There are 4 "temperature" controls: Low, Med, High, and "Quadra-Fire".  I ran it on High for about half of the time its been used, say 8 hours.  Perhaps I should try the "Quadra-Fire" setting.  To be honest, I never put the stove on that setting and never had a problem with fumes before the stove was re-vented...


----------



## fallsfire36 (Dec 11, 2010)

You need to fire it hot to cure the "stuff".  Generally, each time you run it hotter than the last, you will smell the smell.  Good luck.


----------



## Fsappo (Dec 11, 2010)

We only install about 10-12 pellet stoves a year and we seal our pipe with mill pak.  We tell customer burn the stove on high with the windows open for 5 hours.  Never had anyone complain of smells after that initial burn off.


----------



## whippingwater (Dec 11, 2010)

You need to take the pellets out of the bag.


----------



## krooser (Dec 12, 2010)

whippingwater said:
			
		

> You need to take the pellets out of the bag.



Good point from up dere in da UP, hey?


----------



## littlesmokey (Dec 12, 2010)

I read the thread heading and had the same thought as many above.

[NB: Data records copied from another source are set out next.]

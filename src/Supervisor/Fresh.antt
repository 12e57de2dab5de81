-- ===== src/Supervisor/Fresh.antt =====
-- Handles that are still to be given out.
use bbjsensescada.Common.{
  ℕ, suc, ◌≤◌, ◌≡◌, refl, Bool, true, false, ◌||◌, List, [], ◌∷◌, ◌==◌, ==_iff, nat_eq,
  if◌then◌else◌, arith, Bool-cases, inl, inr,
}
use bbjsensescada.Supervisor.{
  Component, Phase, starting, waiting, checking, stopped, crashed, Manager, Answers, Visit,
  start_process, check_component, visited, turn, stop_handler, Step, take_turn, stop_signal, run,
  rewound, loop_turn, turn_in, handled, signal_in,
}
use bbjsensescada.Supervisor.Custody.{any, any-append, is_terminated, holds, all_of}
use bbjsensescada.Supervisor.Shutdown.{any-terminated}

-- Handles from `next_process` on are in no component and were not told to stop.
abbrev pub Fresh : Manager → Type 0
Fresh g =
    (p : ℕ)
    → g.next_process ≤ p
    → (any (holds p) (all_of g) || any (is_terminated p) g.trace) ≡ false

-- A visit with the handle n takes only n and what the component had.
abbrev pub Takes : ℕ → Component → Visit → Type 0
Takes n c v =
    (p : ℕ)
    → (any (is_terminated p) v.events ≡ false)
      × (suc n ≤ p → holds p c ≡ false → holds p v.component ≡ false)

later_differs : (n p : ℕ) → suc n ≤ p → (p == n) ≡ false
later_differs n p h = elim (Bool-cases (p == n)) [
  | inl same ↦ let e = (==_iff p n).0 same in grind arith
  | inr other ↦ other
]

pub start_process-Takes : (A : Answers) (n : ℕ) (c : Component) → Takes n c (start_process A n c)
unfolding start_process
start_process-Takes A n c p = (ground arith, λ h k. ground (arith, later_differs n p h))

pub check_component-Takes :
    (A : Answers) (n : ℕ) (c : Component) → Takes n c (check_component A n c)
unfolding check_component start_process
check_component-Takes A n c p = (ground arith, λ h k. ground (arith, later_differs n p h))

fresh_by :
    (x y : Bool) (hs held held' hs' : Bool)
    → x ≡ false
    → (held ≡ false → held' ≡ false)
    → ((hs || (held || hs')) || y) ≡ false
    → (((hs || (held' || false)) || hs') || (x || y)) ≡ false
fresh_by x y hs held held' hs' a b h = ground arith

visited-Fresh :
    (g : Manager) (c : Component) (later : List Component) (v : Visit)
    → g.ahead ≡ c ∷ later
    → Takes g.next_process c v
    → Fresh g
    → Fresh (visited g later v)
visited-Fresh g c later v here takes fresh p h =
    let before = fresh p (omega arith) in
    let before' = rw here at before in
    let before'' = rw any-append at before' in
    rw (any-append, any-append, any-append)
      (fresh_by (any (is_terminated p) v.events) (any (is_terminated p) g.trace)
        (any (holds p) g.passed) (holds p c) (holds p v.component) (any (holds p) later) (takes p).0
        ((takes p).1 h) before'')

loop_turn-Fresh :
    (visit : Component → Visit) (cs : List Component) (g : Manager)
    → g.ahead ≡ cs
    → ((c : Component) → Takes g.next_process c (visit c))
    → Fresh g
    → Fresh (loop_turn visit cs g)
loop_turn-Fresh visit [] g here takes fresh = fresh
loop_turn-Fresh visit (c ∷ later) g here takes fresh =
    visited-Fresh g c later (visit c) here (takes c) fresh

woken-Fresh :
    (on : Bool) (g : Manager)
    → Fresh g
    → Fresh (if on then rewound checking g else record g { phase = stopped })
woken-Fresh true g fresh = fresh
woken-Fresh false g fresh = fresh

turn_in-Fresh : (A : Answers) (f : Phase) (g : Manager) → Fresh g → Fresh (turn_in f A g)
turn_in-Fresh A starting g fresh =
    loop_turn-Fresh _ g.ahead g refl (start_process-Takes A g.next_process) fresh
turn_in-Fresh A checking g fresh =
    loop_turn-Fresh _ g.ahead g refl (check_component-Takes A g.next_process) fresh
turn_in-Fresh A waiting g fresh = woken-Fresh g.running g fresh
turn_in-Fresh A stopped g fresh = fresh
turn_in-Fresh A (crashed e) g fresh = fresh

or_again : (a b : Bool) → (a || b) ≡ false → (a || (a || b)) ≡ false
or_again a b h = ground arith

pub handled-Fresh : (g : Manager) → Fresh g → Fresh (handled g)
handled-Fresh g fresh p h =
    rw (any-terminated p (all_of g) g.trace)
      (or_again (any (holds p) (all_of g)) (any (is_terminated p) g.trace) (fresh p h))

signal_in-Fresh : (f : Phase) (g : Manager) → Fresh g → Fresh (signal_in f g)
signal_in-Fresh starting g fresh = handled-Fresh g fresh
signal_in-Fresh waiting g fresh = handled-Fresh g fresh
signal_in-Fresh checking g fresh = handled-Fresh g fresh
signal_in-Fresh stopped g fresh = fresh
signal_in-Fresh (crashed e) g fresh = fresh

pub run-Fresh : (xs : List Step) (g : Manager) → Fresh g → Fresh (run xs g)
unfolding turn stop_handler
run-Fresh [] g fresh = fresh
run-Fresh (take_turn A ∷ xs) g fresh = run-Fresh xs (turn A g) (turn_in-Fresh A g.phase g fresh)
run-Fresh (stop_signal ∷ xs) g fresh =
    run-Fresh xs (stop_handler g) (signal_in-Fresh g.phase g fresh)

I don't think you have a paint cure problem, as most high temp aint have a solvent smell while curing, but not like burning plastic. Seriously, trace the exhaust. Sounds to me like there is a contact issue with the pipe and something from your remodel. Personally, I wouldn't ramp my stove to high with a possible contact problem. trace the outlet from top to bottom and make sure someone didn't do something stupid to put plastic down to protect a surface from dust. Next if you have kids, check that the stove hasn't become a hiding place for plastic toys.


----------